Managing type 1 diabetes during sustained physical activity at a diabetes camp: An adaptive prandial bolus reduction algorithm for children using automated insulin delivery

Alzbeta Santova, Vit Neuman, Shenali Anne Amaratunga, Lenka Drnkova, Lukas Kavciak, Marie Neumanova, Eliska Jagiellova, Monika Nesvadbova, Stanislava Kolouskova, Barbora Obermannova, Stepanka Pruhova, Zdenek Sumnik, Lukas Plachy

Abstract

Aims

Managing diabetes during exercise remains challenging, particularly in settings of sustained physical activity such as diabetes‐camps. This study aimed to evaluate the efficacy and safety of a diabetes‐camp protocol including an adaptive algorithm for prandial bolus reduction and the use of automated insulin delivery (AID) exercise modes in children with type 1 diabetes (CwD).

Methods

Data from two 7‐day camps for 77 CwD aged 8–14 years using 780G, Control‐IQ, or CamAPS were evaluated. Exercise modes were active throughout each camp, and meal boluses were adjusted by an adaptive algorithm. Continuous glucose monitoring metrics were evaluated and compared among AID systems and the 14‐day pre‐camp period. Hypoglycemia episodes and carbohydrates were recorded.

Results

Median time in range (TIR) was 80% during the camps, with time below range 3% (level 1; TBR1) and 1% (level 2; TBR2).
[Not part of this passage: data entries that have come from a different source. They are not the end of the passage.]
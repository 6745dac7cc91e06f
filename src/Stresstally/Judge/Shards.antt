-- ===== src/Stresstally/Judge/Shards.antt =====
-- The loop over the shards of a case: the report of each shard, and what its verdicts add to the
-- rows, one for each test on each arch.
use text.Mathlib.Text.{◌==◌ as str_eq}
use Prim.Native.String.{◌++◌ as ◌+++◌}
use probatorium.Base.{
  Fields, at_key, ℕ, zero, suc, ◌+◌, ltb, if◌then◌else◌, ◌||◌, ◌&&◌, not, Bool, List, [], ◌∷◌, ◌++◌,
  String, Option, none, some, map, is_nil, length, sum,
}
use probatorium.Stresstally.Judge.{
  Case, ShardLog, TestResult, Failure, log_name, status_complete, status_unparsed, status_missing,
  status_wrong_shape,
}
use probatorium.Stresstally.Judge.Shape.{
  check_shape, observation_reasons, has_reason, is_refused, reason_no_header, reason_shape,
}

pub record ShardReport : Type 0 where
  pub arch : String
  pub shard : ℕ
  pub log : String
  pub status : String
  pub reasons : List String
  pub notes : List String
  pub exit : String
  pub elapsed : String
  pub pass : ℕ
  pub fail : ℕ
  pub skip : ℕ
  pub no_verdict : ℕ
  pub races : ℕ
  pub timed_out : List String
  pub shuffle : String
  pub kernel : String
  pub image : String
  pub memlock : String
  pub nproc : String
  pub celeris_sha : String
  pub go_version : String
  pub host : String
  pub cpu_model : String
  pub governor : String
  pub load_before : String
  pub load_after : String
  pub cpu_set : String
  pub perf : String
  pub observations : ℕ
  pub obs : List Fields

-- One row: a test of a pkg on one arch, with the iterations and the processes counted.
pub record TestRow : Type 0 where
  pub pkg : String
  pub name : String
  pub arch : String
  pub processes : ℕ
  pub failed_processes : ℕ
  pub pass : ℕ
  pub fail : ℕ
  pub skip : ℕ
  pub no_verdict : ℕ

pub record State : Type 0 where
  pub shards : List ShardReport
  pub rows : List TestRow
  pub failures : List Failure

abbrev pub start : State
start = record { shards = []; rows = []; failures = [] }

abbrev pub one_if : Bool → ℕ
one_if b = if b then 1 else 0

abbrev pub zero_row : String → String → String → TestRow
zero_row pkg name arch = record {
  pkg = pkg;
  name = name;
  arch = arch;
  processes = 0;
  failed_processes = 0;
  pass = 0;
  fail = 0;
  skip = 0;
  no_verdict = 0;
}

unfoldable pub same_key : TestRow → String → String → String → Bool
same_key r pkg name arch = str_eq r.pkg pkg && (str_eq r.name name && str_eq r.arch arch)

unfoldable pub add_counts : TestRow → TestResult → TestRow
add_counts r v = record {
  pkg = r.pkg;
  name = r.name;
  arch = r.arch;
  processes = r.processes + one_if (ltb 0 (v.pass + v.fail));
  failed_processes = r.failed_processes + one_if (ltb 0 v.fail);
  pass = r.pass + v.pass;
  fail = r.fail + v.fail;
  skip = r.skip + v.skip;
  no_verdict = r.no_verdict + v.no_verdict;
}

unfoldable pub add_result : String → TestResult → List TestRow → List TestRow
unfolding same_key add_counts
add_result arch v [] = add_counts (zero_row v.pkg v.name arch) v ∷ []
add_result arch v (r ∷ rows) =
    let rest = add_result arch v rows in
    if same_key r v.pkg v.name arch then add_counts r v ∷ rows else r ∷ rest

unfoldable pub add_results : String → List TestResult → List TestRow → List TestRow
unfolding add_result
add_results arch [] rows = rows
add_results arch (v ∷ vs) rows = add_results arch vs (add_result arch v rows)

place_failure : String → ℕ → String → Failure → Failure
place_failure arch shard shuffle f = record {
  pkg = f.pkg;
  name = f.name;
  arch = arch;
  shard = shard;
  shuffle = shuffle;
  lines = f.lines;
}

shape_reasons : List String → List String
shape_reasons [] = []
shape_reasons (m ∷ ms) = (reason_shape +++ ": " +++ m) ∷ shape_reasons ms

unfoldable pub missing_report : String → ℕ → String → ShardReport
missing_report arch shard log = record {
  arch = arch;
  shard = shard;
  log = log;
  status = status_missing;
  reasons = "no log: the shard job never uploaded one" ∷ [];
  notes = [];
  exit = "";
  elapsed = "";
  pass = 0;
  fail = 0;
  skip = 0;
  no_verdict = 0;
  races = 0;
  timed_out = [];
  shuffle = "";
  kernel = "";
  image = "";
  memlock = "";
  nproc = "";
  celeris_sha = "";
  go_version = "";
  host = "";
  cpu_model = "";
  governor = "";
  load_before = "";
  load_after = "";
  cpu_set = "";
  perf = "";
  observations = 0;
  obs = [];
}

unfoldable pub shard_status : ShardLog → List String → List String → String
unfolding is_refused has_reason
shard_status sl obs_reasons shape =
    if is_refused sl || not (is_nil shape) && not (has_reason sl.reasons reason_no_header)
    then status_wrong_shape
    else if not (is_nil sl.reasons) || not (is_nil obs_reasons)
    then status_unparsed
    else status_complete

shard_reasons : ShardLog → List String → List String → List String
unfolding shard_status shape_reasons
shard_reasons sl obs_reasons shape =
    sl.reasons
    ++ obs_reasons
    ++ (if str_eq (shard_status sl obs_reasons shape) status_wrong_shape
        then shape_reasons shape
        else [])

unfoldable pub log_report : String → ℕ → String → ShardLog → List String → List String → ShardReport
unfolding shard_reasons at_key
log_report arch shard log sl obs_reasons shape = record {
  arch = arch;
  shard = shard;
  log = log;
  status = shard_status sl obs_reasons shape;
  reasons = shard_reasons sl obs_reasons shape;
  notes = sl.notes;
  exit = sl.exit;
  elapsed = sl.elapsed;
  pass = sum (λ v. v.pass) sl.results;
  fail = sum (λ v. v.fail) sl.results;
  skip = sum (λ v. v.skip) sl.results;
  no_verdict = sum (λ v. v.no_verdict) sl.results;
  races = sl.races;
  timed_out = sl.timed_out;
  shuffle = at_key sl.header "shuffle";
  kernel = at_key sl.header "kernel";
  image = at_key sl.header "image";
  memlock = at_key sl.header "memlock_in_force";
  nproc = at_key sl.header "nproc";
  celeris_sha = at_key sl.header "celeris_sha";
  go_version = at_key sl.header "go_version";
  host = at_key sl.header "host";
  cpu_model = at_key sl.header "cpu_model";
  governor = at_key sl.header "governor";
  load_before = at_key sl.header "loadavg_before";
  load_after = at_key sl.after "loadavg";
  cpu_set = at_key sl.header "cpuset";
  perf = at_key sl.header "perf";
  observations = length sl.obs;
  obs = sl.obs;
}

-- A shard of the wrong shape keeps its report and adds nothing to the rows and failures.
unfoldable pub keep_report : ShardReport → ShardLog → State → State
unfolding add_results place_failure at_key
keep_report sr sl st =
    if str_eq sr.status status_wrong_shape
    then record { shards = st.shards ++ sr ∷ []; rows = st.rows; failures = st.failures }
    else record {
      shards = st.shards ++ sr ∷ [];
      rows = add_results sr.arch sl.results st.rows;
      failures =
          st.failures
          ++ map (place_failure sr.arch sr.shard (at_key sl.header "shuffle")) sl.failures;
    }

module _ (quote : String → String) (is_float : String → Bool) where
  -- The body of the loop, given the shard's log.
  unfoldable pub judge_log : Case → String → String → ℕ → Option ShardLog → State → State
  unfolding missing_report log_report keep_report check_shape observation_reasons log_name
  judge_log c celeris_sha arch shard none st = record {
    shards = st.shards ++ missing_report arch shard (log_name c.name arch shard) ∷ [];
    rows = st.rows;
    failures = st.failures;
  }
  judge_log c celeris_sha arch shard (some sl) st =
      keep_report
        (log_report arch shard (log_name c.name arch shard) sl (observation_reasons is_float c sl)
          (check_shape quote sl.header c arch shard celeris_sha))
        sl st

  module _ (logs : String → Option ShardLog) (c : Case) (celeris_sha : String) where
    -- `for shard := 1; shard <= n; shard++`
    unfoldable pub judge_shards : String → ℕ → State → State
    unfolding judge_log
    judge_shards arch zero st = st
    judge_shards arch (suc n) st =
        judge_log c celeris_sha arch (suc n) (logs (log_name c.name arch (suc n)))
          (judge_shards arch n st)

    unfoldable pub judge_arches : List String → State → State
    unfolding judge_shards
    judge_arches [] st = st
    judge_arches (arch ∷ arches) st = judge_arches arches (judge_shards arch c.shards st)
Participants experienced a median of 2 hypoglycemia episodes/day. No severe hypoglycemia or diabetic ketoacidosis occurred. Median prandial bolus reduction in comparison with the calculated bolus was 45% (range 10–110%). Outcomes were similar across AID systems. TIR increased (80% vs. 78%, p  = 0.015) and TBR rose modestly (TBR1 3% vs. 2%, p  < 0.001; TBR2 1% vs. 0%, p  = 0.002) compared to the pre‐camp period.

Conclusions

The protocol provided a safe and effective option to achieve glycemic targets across assessed AID systems during sustained physical activity at diabetes camps.